- Born: June 5, 1942 Hilversum, the Netherlands
- Died: November 6, 2017 (aged 75)
- Education: Queen's University
- Known for: Research on juvenile delinquency
- Spouse: Magda Stouthamer-Loeber
- Awards: American Psychological Association's Distinguished Contribution Award American Society of Criminology's Lifetime Achievement Award
- Scientific career
- Fields: Criminology Psychology
- Workplaces: University of Pittsburgh
- Thesis: Discriminative control of therapist performance (1972)

= Rolf Loeber =

Dutch-American psychologist

Rolf Loeber (June 5, 1942 – November 6, 2017) was a Dutch-born American psychologist and criminologist who specialized in the study of juvenile delinquency.

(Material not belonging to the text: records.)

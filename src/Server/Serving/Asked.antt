-- ===== src/Server/Serving/Asked.antt =====
-- Whom a request that meets the pools of a server is for, or why it is refused at once.
use Prim.Native.String.{String}
use package.text.Mathlib.Text.{◌==◌ as str_eq}
use text.Mathlib.TextEquality.{eq_iff}
use wsp.Base.{
  if◌then◌else◌, ◌≡◌, ◌≢◌, ◌⊎◌, inl, inr, true, false, length, Bool-cases, none, ◌==◌, ==_iff,
  arith,
}
use wsp.Base.Maps.{at, different}
use wsp.Server.Dispatch.{Server}
use wsp.Server.Handlers.{
  HandlerError, Try, good, bad, HandlerConfig, Get, no_pools, bad_destination, no_client_id,
  no_proxy_target, get_client_id, target_of,
}
use wsp.Server.Serving.{Setting}

abbrev pub destination_header : String
destination_header = "X-PROXY-DESTINATION"

-- The request names this client: in the configured header, or there is none and the name is empty.
pub data Names (config : HandlerConfig) (get : Get) : String → Type 0 where
  nobody : config.id_header ≡ "" → Names config get ""
  in_header :
      config.id_header ≢ "" → get config.id_header ≢ "" → Names config get (get config.id_header)

-- The request is for the client with this id: its destination is empty or can be parsed, there are
-- pools, and it names the client.
pub record Asks (w : Setting) (s : Server) (id : String) : Type 0 where
  pub parsed : (w.get destination_header ≡ "") ⊎ (w.parses (w.get destination_header) ≡ true)
  pub some_pools : length s.pools ≢ 0
  pub named : Names w.config w.get id

-- Why the request is refused.
pub data Refusal (w : Setting) (s : Server) : HandlerError → Type 0 where
  unparsed :
      w.get destination_header ≢ ""
      → w.parses (w.get destination_header) ≡ false
      → Refusal w s bad_destination
  without_pools : length s.pools ≡ 0 → Refusal w s no_pools
  unnamed :
      w.config.id_header ≢ ""
      → w.get w.config.id_header ≡ ""
      → Refusal w s (no_client_id w.config.id_header)
  unknown : (id : String) → Asks w s id → at s.pools id ≡ none → Refusal w s (no_proxy_target id)

pub data Verdict (w : Setting) (s : Server) : Try String → Type 0 where
  asks : (id : String) → Asks w s id → Verdict w s (good id)
  refuses : (e : HandlerError) → Refusal w s e → Verdict w s (bad e)

module _ (w : Setting) (s : Server) where
  named-Verdict :
      (w.get destination_header ≡ "") ⊎ (w.parses (w.get destination_header) ≡ true)
      → length s.pools ≢ 0
      → Verdict w s (get_client_id w.config w.get)
  unfolding get_client_id
  named-Verdict parsed pools = elim (Bool-cases (str_eq w.config.id_header "")) [
    | inl blank ↦ rw blank (
        asks ""
          (record { parsed = parsed; some_pools = pools; named = nobody ((eq_iff _ _).0 blank) }))
    | inr header ↦ elim (Bool-cases (str_eq (w.get w.config.id_header) "")) [
      | inl blank ↦
          rw (header, blank) (refuses _ (unnamed (different _ _ header) ((eq_iff _ _).0 blank)))
      | inr id ↦
          rw (header, id)
            (asks _ (record {
              parsed = parsed;
              some_pools = pools;
              named = in_header (different _ _ header) (different _ _ id);
            }))
    ]
  ]

  parsed-Verdict :
      (w.get destination_header ≡ "") ⊎ (w.parses (w.get destination_header) ≡ true)
      → Verdict w s (if length s.pools == 0 then bad no_pools else get_client_id w.config w.get)
  parsed-Verdict parsed = elim (Bool-cases (length s.pools == 0)) [
    | inl none_there ↦ rw none_there (refuses _ (without_pools ((==_iff _ _).0 none_there)))
    | inr some_there ↦ rw some_there (named-Verdict parsed (λ e. ground (arith, e, some_there)))
  ]

  pub target_of-Verdict : Verdict w s (target_of w.config w.get w.parses (length s.pools))
  unfolding target_of
  target_of-Verdict = elim (Bool-cases (str_eq (w.get destination_header) "")) [
    | inl direct ↦ rw direct (parsed-Verdict (inl ((eq_iff _ _).0 direct)))
    | inr to ↦ elim (Bool-cases (w.parses (w.get destination_header))) [
      | inl fine ↦ rw (to, fine) (parsed-Verdict (inr fine))
      | inr wrong ↦ rw (to, wrong) (refuses _ (unparsed (different _ _ to) wrong))
    ]
  ]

At the time of his death in 2017, he was Distinguished Professor of Psychiatry, Psychology, and Epidemiology at the University of Pittsburgh, where he had taught since 1984. He was also a Professor of Juvenile Delinquency and Social Development at the Free University of Amsterdam in the Netherlands. Along with his wife and collaborator, Magda Stouthamer-Loeber, he was the co-founder and co-director of the University of Pittsburgh's Life History Studies Program. He was elected to the Royal Irish Academy in 2008.